Regenerative agriculture lacks connection to existing system

"The tendency to trivialize regenerative agriculture undermines its potential," writes Food Hub creative director Joszi Smeets. Good regenerative agriculture is not easy and makes most of us a little uncomfortable. Using an iterative and context-specific approach as a linear roadmap is like putting a flowing river in a bottle.  
Published on Jun 22, 2023

No question of definition

There is an urgent need to give hands and feet to "the magic" of regenerative agriculture, which has a strong appeal to more and more parties. You cannot ignore the regenerative promises of banks, companies, civil society organizations and governments. In response, we and Food Hub created a training with the goal of informing about the complex movement called regenerative agriculture.

 

Thus - including our own contribution - more and more interpretations of regenerative agriculture are appearing. Whereas Ethan Soloviev (author, farmer and one of the regenerative experts you should definitely follow) has stretched the practice on which you can propel yourself regeneratively, others are actually trying to flatten the term. Isn't it easy if the practice is unambiguous, and the promise measurable? If you are a business party selling a regenerative project, then, following your company's operational logic, you will want to capture the approach, and calculate the impact. Then you'll want your consultants to be aligned, you'll want to provide certainty to your customers and employees, you'll want to provide return on investment.

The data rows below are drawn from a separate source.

-- ===== src/Plugin/Lifecycle/Order.antt =====
-- The order in which the game server calls the plugin, as a relation, and what holds along it.
use samp_plugin_api.Prelude.{◌≡◌, refl, sym, subst, ap, ◌∙◌, Bool, false, some, List, [], ◌∷◌}
use samp_plugin_api.Env.{Env}
use samp_plugin_api.Route.{Checked, ok, regex_error, out_of_range, system_error, Returns}
use samp_plugin_api.Log.{Log, Logger}
use samp_plugin_api.Server.{
  Server, Completion, Event, game_mode_exit, process_tick, passes, on_event,
}
use samp_plugin_api.Server.Invariant.{Inv, EventHasPeer}
use samp_plugin_api.Server.Kept.{ready_after, Next, on_event-Next}
use samp_plugin_api.Globals.{Globals, Pointer, live, null, deleted, get_logger, Runs}
use samp_plugin_api.Plugin.{Outcome, refused, thrown, listening, Surroundings, load}
use samp_plugin_api.Plugin.Started.{StartsRight}
use samp_plugin_api.Plugin.Start.{load-StartsRight}
use samp_plugin_api.Plugin.Liveness.{CanStart, Listens, load_starts}
use samp_plugin_api.Plugin.Lifecycle.{
  Ended, went, threw, undefined, Call, load_call, unload_call, event, ended, unload, shut_down,
  on_call, call_plugin, next_call, call_all,
}
use samp_plugin_api.Plugin.Lifecycle.Refinement.{Follows, on_call-Follows}

-- Whether the plugin is loaded, and its flag `ready`.
pub data Stage : Type 0 where
  outside inside : Bool → Stage

module _ {World Sink : Type 0} where
  -- The call returns, and the globals have the property.
  abbrev pub Defined : (Globals World Sink → Type 0) → Ended World Sink → Type 0
  Defined P (went g) = P g
  Defined P _ = ⊥

  pub Defined-map :
      (P Q : Globals World Sink → Type 0) (n : Ended World Sink)
      → ((g : Globals World Sink) → P g → Q g)
      → Defined P n
      → Defined Q n
  Defined-map P Q (went g) k h = k g h
  Defined-map P Q threw k h = h
  Defined-map P Q undefined k h = h

  unload-Holds :
      (r : Bool) (p : Pointer (Log Sink)) (g : Globals World Sink)
      → (l : Logger Sink) × (get_logger p ≡ some l)
      → g.ready ≡ r
      → Defined (λ t. t.ready ≡ r) (shut_down p g)
  unload-Holds r (live _) g l e = e
  unload-Holds r null g l e = cc
  unload-Holds r deleted g l e = cc

  pub next-Defined :
      (P Q : Globals World Sink → Type 0) (n : Ended World Sink)
      (k : Globals World Sink → Ended World Sink)
      → Defined P n
      → ((g : Globals World Sink) → P g → Defined Q (k g))
      → Defined Q (next_call n k)
  next-Defined P Q (went g) k h f = f g h
  next-Defined P Q threw k h f = h
  next-Defined P Q undefined k h f = h

module _ {World Float : Type 0} (env : Env World Float) {Sink : Type 0} where
  -- What a stage says of the globals.
  abbrev pub Holds : Stage → Globals World Sink → Type 0
  Holds (outside r) g = g.ready ≡ r
  Holds (inside r) g = (s : Server World) × Runs g s × Inv env s × (g.ready ≡ r)

  Follows-Defined :
      (P : Server World → Type 0) (Q : Globals World Sink → Type 0) (n : Ended World Sink)
      (r : Checked (Server World))
      → Follows env n r
      → Returns P r
      → ((g : Globals World Sink) (t : Server World) → Runs g t → P t → Q g)
      → Defined Q n
  Follows-Defined P Q (went g) (ok t) f v k = k g t f v
  Follows-Defined P Q threw (ok t) f v k = absurd f
  Follows-Defined P Q undefined (ok t) f v k = absurd f
  Follows-Defined P Q n regex_error f v k = absurd v
  Follows-Defined P Q n out_of_range f v k = absurd v
  Follows-Defined P Q n system_error f v k = absurd v

  pub on_call-Next :
      (Q : Globals World Sink → Type 0) (e : Event World) (g : Globals World Sink)
      (s : Server World)
      → EventHasPeer e
      → Runs g s
      → Inv env s
      → ((g' : Globals World Sink) (t : Server World) → Runs g' t → Next env e s t → Q g')
      → Defined Q (on_call env e g)
  on_call-Next Q e g s p runs v k =
      Follows-Defined (Next env e s) Q (on_call env e g) (on_event env e s)
        (on_call-Follows env e g s runs) (on_event-Next env e s p v) k

module _ {World Float : Type 0} (env : Env World Float) {Fs Sink : Type 0} where
  -- A loaded plugin is called in any order, as long as no connection is gone when a request of it is
  -- processed, until it is unloaded. Before it is loaded and after that, the game server changes by
  -- itself, ends a game mode, and calls `ProcessTick` where the game mode has ended.
  pub data Move : Stage → Call World Fs Sink → Stage → Type 0 where
    loads :
        {r : Bool} (around : Surroundings Fs Sink)
        → CanStart env around
        → Move (outside r) (load_call around) (inside r)
    happens :
        {r : Bool} (e : Event World)
        → EventHasPeer e
        → Move (inside r) (event e) (inside (ready_after e r))
    unloads : {r : Bool} → Move (inside r) unload_call (outside r)
    ends : {r : Bool} → Move (outside r) (event game_mode_exit) (outside false)
    idles : (cs : List Completion) → Move (outside false) (event (process_tick cs)) (outside false)
    waits : {r : Bool} (w : World) → Move (outside r) (event (passes w)) (outside r)

  pub data Ordered : Stage → List (Call World Fs Sink) → Stage → Type 0 where
    done : {s : Stage} → Ordered s [] s
    next :
        {s t u : Stage} {c : Call World Fs Sink} {cs : List (Call World Fs Sink)}
        → Move s c t
        → Ordered t cs u
        → Ordered s (c ∷ cs) u

  started-Holds :
      (around : Surroundings Fs Sink) (c : CanStart env around) (g : Globals World Sink) (r : Bool)
      (o : Outcome World Sink)
      → load env around g ≡ o
      → g.ready ≡ r
      → StartsRight env around g o
      → Defined (Holds env (inside r)) (ended o)
  started-Holds around c g r (listening g' port ret) e q h = (h.server, h.runs, h.inv, h.ready ∙ q)
  started-Holds around c g r (refused g') e q h =
      absurd (subst (Listens env around _ _) e (load_starts env around c g))
  started-Holds around c g r (thrown g') e q h =
      absurd (subst (Listens env around _ _) e (load_starts env around c g))

  Move-Holds :
      {a b : Stage} {c : Call World Fs Sink} (g : Globals World Sink)
      → Move a c b
      → Holds env a g
      → Defined (Holds env b) (call_plugin env c g)
  unfolding call_plugin unload on_call
  Move-Holds g (loads {r} around c) h =
      started-Holds around c g r (load env around g) refl h (load-StartsRight env around g)
  Move-Holds g (happens {r} e k) (s, runs, inv, q) =
      on_call-Next env (Holds env (inside (ready_after e r))) e g s k runs inv
        (λ g' t runs' (inv', (e', _)).
          (t, runs', inv', runs'.ready ∙ e' ∙ ap (ready_after e) (sym runs.ready ∙ q)))
  Move-Holds g (unloads {r}) (s, runs, inv, q) =
      simp (runs.service) (unload-Holds r g.logger _ runs.logger q)
  Move-Holds g ends h = refl
  Move-Holds g (idles cs) h = simp h refl
  Move-Holds g (waits w) h = h

  -- In every ordered history, from globals that fit its first stage, each call returns: none throws,
  -- and none goes through a pointer that is null or deleted. The globals fit the last stage; where
  -- the plugin is loaded then, they point to a server with its invariant.
  pub call_all-Defined :
      {a b : Stage} {cs : List (Call World Fs Sink)} (g : Globals World Sink)
      → Ordered a cs b
      → Holds env a g
      → Defined (Holds env b) (call_all env cs g)
  unfolding call_all
  call_all-Defined g done h = h
  call_all-Defined g (next {t = t} {c = c} {cs = cs} m o) h =
      next-Defined (Holds env t) _ (call_plugin env c g) (call_all env cs) (Move-Holds g m h)
        (λ g' h'. call_all-Defined g' o h')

"You want to base making grants and loans on meaningful, factual information - not just gut feeling."

Controlling can be learned, but also letting go

The need for grip and control, through simplicity, is logical and explainable. We want to do what we already know and more of what we already have. It's in the fibers of our patriarchal, capitalist system. That said, the tendency to trivialize regenerative agriculture completely undermines its potential. Control can be learned, but so can letting go of control. Good regenerative agriculture is not easy and makes most of us a little uncomfortable. Using a holistic, iterative, integrative and context-specific approach as a linear roadmap is like putting a flowing river in a bottle.

 

It makes sense to explore how to assess the quality of regenerative agricultural practices. In the current system, which depends largely on investment for change, you do want to be able to distinguish between one regenerative ambition and another. You want to base grants and credits on meaningful, factual information - not just gut feeling. The only question is how to frame that assessment (this is explored by Koen van Seijen in his over 200 episode podcast 'Investing in Regenerative Agriculture and Food.').

"Together, let's find the courage to embrace the complexity, plurality, nuance and diversity of the food system."

Regenerative agriculture is a verb

Regenerative agriculture is about restoring and improving ecosystems, building soil health and strengthening the resilience of farming systems and communities. It is an ongoing process of learning, experimentation and adaptation. So, dear consultants, the idea that regenerative agriculture can have a static definition completely contradicts the nature of the beast. It would do the definition issue good to move from the focus on absolute regenerative agriculture to the verb "regenerate. Let us not, for the umpteenth time in our agricultural history, canonize a particular practice. Regenerative agriculture is a direction that is coming to bring us something.

 

When the question is how we are going to (regeneratively land) build a fair, diverse and sustainable food system, my suggestion is that we bet on parties that are not afraid. Not afraid of uncertainty, change and feedback. The problem with regenerative agriculture is not that there are different interpretations of the term, as some reports claim. The problem is the penchant for simplicity. What we must guard against is one explanation, one roadmap and one measurement tool coming to dominate a movement that benefits from pluralism. Together, let's find the courage to embrace the complexity, plurality, nuance and diversity of the food system. Create space for experimentation. Don't try to put the river in a bottle, let regenerative agriculture flow freely.

Joszi Smeets - creative director Food Hub - photography: Tatjana Almuli

About Joszi Smeets

Joszi Smeets is creative director and co-founder of Food Hub. With Food Hub, she makes a critical and constructive contribution to the regenerative agriculture movement.